> **PROBLEM DETAILS**:
The listing below holds a line with "if ltb_ℤ d (pos 0) || ltb_ℤ (pos 6) d" and a later line with "refuse_plan e test". Write out those two lines and every line between them, exactly, and nothing else.

━━━━━━━━

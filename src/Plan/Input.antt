-- ===== src/Plan/Input.antt =====
-- `Normalize` of internal/plan/plan.go, which checks what a plan is saved with. The calls on texts that
-- are library functions are parameters.
pub mod Ready
use sajni_api.Prelude.{
  ℕ, ◌+◌, ◌==◌, Bool, true, false, not, ◌&&◌, ◌||◌, Option, none, some, List, [], ◌∷◌, ◌++◌, ltb,
  leb, length, if◌then◌else◌, Result, ok, err, ◌>>=◌, contains,
}
use sajni_api.Prelude.Int.{ℤ, pos, pos_part, ltb_ℤ}
use sajni_api.Calendar.Text.{Text}
use sajni_api.Reminder.Rule.{is_empty}
use sajni_api.Plan.{PlanError, no_name, long_name, bad_color, bad_weekday, no_weekday, bad_start}

-- `strings.TrimSpace`, `strings.ToUpper` and the number of runes of a text.
pub record TextOps : Type 0 where
  pub trim : Text → Text
  pub upper : Text → Text
  pub runes : Text → ℕ

-- `SaveInput`; nil is none.
pub record SaveInput : Type 0 where
  pub name : Text
  pub color : Text
  pub weekdays : Option (List ℤ)
  pub start_time : Text
  pub notify : Option Bool

-- What `Normalize` returns: no field is nil, and the weekdays are from 0 to 6.
pub record Checked : Type 0 where
  pub name : Text
  pub color : Text
  pub weekdays : List ℕ
  pub start_time : Text
  pub notify : Bool

abbrev between : ℕ → ℕ → ℕ → Bool
between lo hi c = leb lo c && leb c hi

-- `colorRe`: `^#[0-9A-Fa-f]{6}$`
abbrev is_hex : ℕ → Bool
is_hex c = between b'0' b'9' c || between b'A' b'F' c || between b'a' b'f' c

unfoldable pub is_color : Text → Bool
is_color (h ∷ a ∷ b ∷ c ∷ d ∷ e ∷ f ∷ []) =
    (h == b'#') && is_hex a && is_hex b && is_hex c && is_hex d && is_hex e && is_hex f
is_color _ = false

-- `clockRe`: `^([01]\d|2[0-3]):[0-5]\d$`
unfoldable pub is_clock : Text → Bool
is_clock (a ∷ b ∷ c ∷ d ∷ e ∷ []) =
    (between b'0' b'1' a && between b'0' b'9' b || (a == b'2') && between b'0' b'3' b)
    && (c == b':')
    && between b'0' b'5' d
    && between b'0' b'9' e
is_clock _ = false

-- "09:00" for an empty text; an hour of one digit gets a zero.
unfoldable pub full_start : Text → Text
full_start [] = b'0' ∷ b'9' ∷ b':' ∷ b'0' ∷ b'0' ∷ []
full_start (a ∷ b ∷ c ∷ d ∷ []) =
    if b == b':' then b'0' ∷ a ∷ b ∷ c ∷ d ∷ [] else a ∷ b ∷ c ∷ d ∷ []
full_start text = text

-- The loop over the weekdays; `days` is the list kept so far.
unfoldable pub distinct_days : List ℕ → List ℤ → Result PlanError (List ℕ)
distinct_days days [] = ok days
distinct_days days (d ∷ weekdays) =
    if ltb_ℤ d (pos 0) || ltb_ℤ (pos 6) d
    then err bad_weekday
    else distinct_days (if contains days (pos_part d) then days else days ++ pos_part d ∷ [])
        weekdays

-- `sort.Ints`
unfoldable pub insert_day : ℕ → List ℕ → List ℕ
insert_day d [] = d ∷ []
insert_day d (x ∷ days) = if ltb x d then x ∷ insert_day d days else d ∷ x ∷ days

unfoldable pub sort_days : List ℕ → List ℕ
sort_days [] = []
sort_days (d ∷ days) = insert_day d (sort_days days)

abbrev pub refuse_plan : PlanError → Bool → Result PlanError Bool
refuse_plan e test = if test then err e else ok test

abbrev pub or_workdays : Option (List ℤ) → List ℤ
or_workdays none = pos 1 ∷ pos 2 ∷ pos 3 ∷ pos 4 ∷ pos 5 ∷ []
or_workdays (some weekdays) = weekdays

abbrev pub or_on : Option Bool → Bool
or_on none = true
or_on (some notify) = notify

-- `Normalize`
unfoldable pub normalize : TextOps → SaveInput → Result PlanError Checked
normalize ops input = do
  let name = ops.trim input.name
  named ← refuse_plan no_name (is_empty name)
  short ← refuse_plan long_name (ltb 80 (ops.runes name))
  let color = ops.upper (ops.trim input.color)
  colored ← refuse_plan bad_color (not (is_empty color) && not (is_color color))
  days ← distinct_days [] (or_workdays input.weekdays)
  some_day ← refuse_plan no_weekday (length days == 0)
  let start_time = full_start (ops.trim input.start_time)
  timed ← refuse_plan bad_start (not (is_clock start_time))
  ok (record {
    name = name;
    color = color;
    weekdays = sort_days days;
    start_time = start_time;
    notify = or_on input.notify;
  })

━━━━━━━━

> **OUTPUT BELOW**:
    if ltb_ℤ d (pos 0) || ltb_ℤ (pos 6) d
    then err bad_weekday
    else distinct_days (if contains days (pos_part d) then days else days ++ pos_part d ∷ [])
        weekdays

-- `sort.Ints`
unfoldable pub insert_day : ℕ → List ℕ → List ℕ
insert_day d [] = d ∷ []
insert_day d (x ∷ days) = if ltb x d then x ∷ insert_day d days else d ∷ x ∷ days

unfoldable pub sort_days : List ℕ → List ℕ
sort_days [] = []
sort_days (d ∷ days) = insert_day d (sort_days days)

abbrev pub refuse_plan : PlanError → Bool → Result PlanError Bool
refuse_plan e test = if test then err e else ok test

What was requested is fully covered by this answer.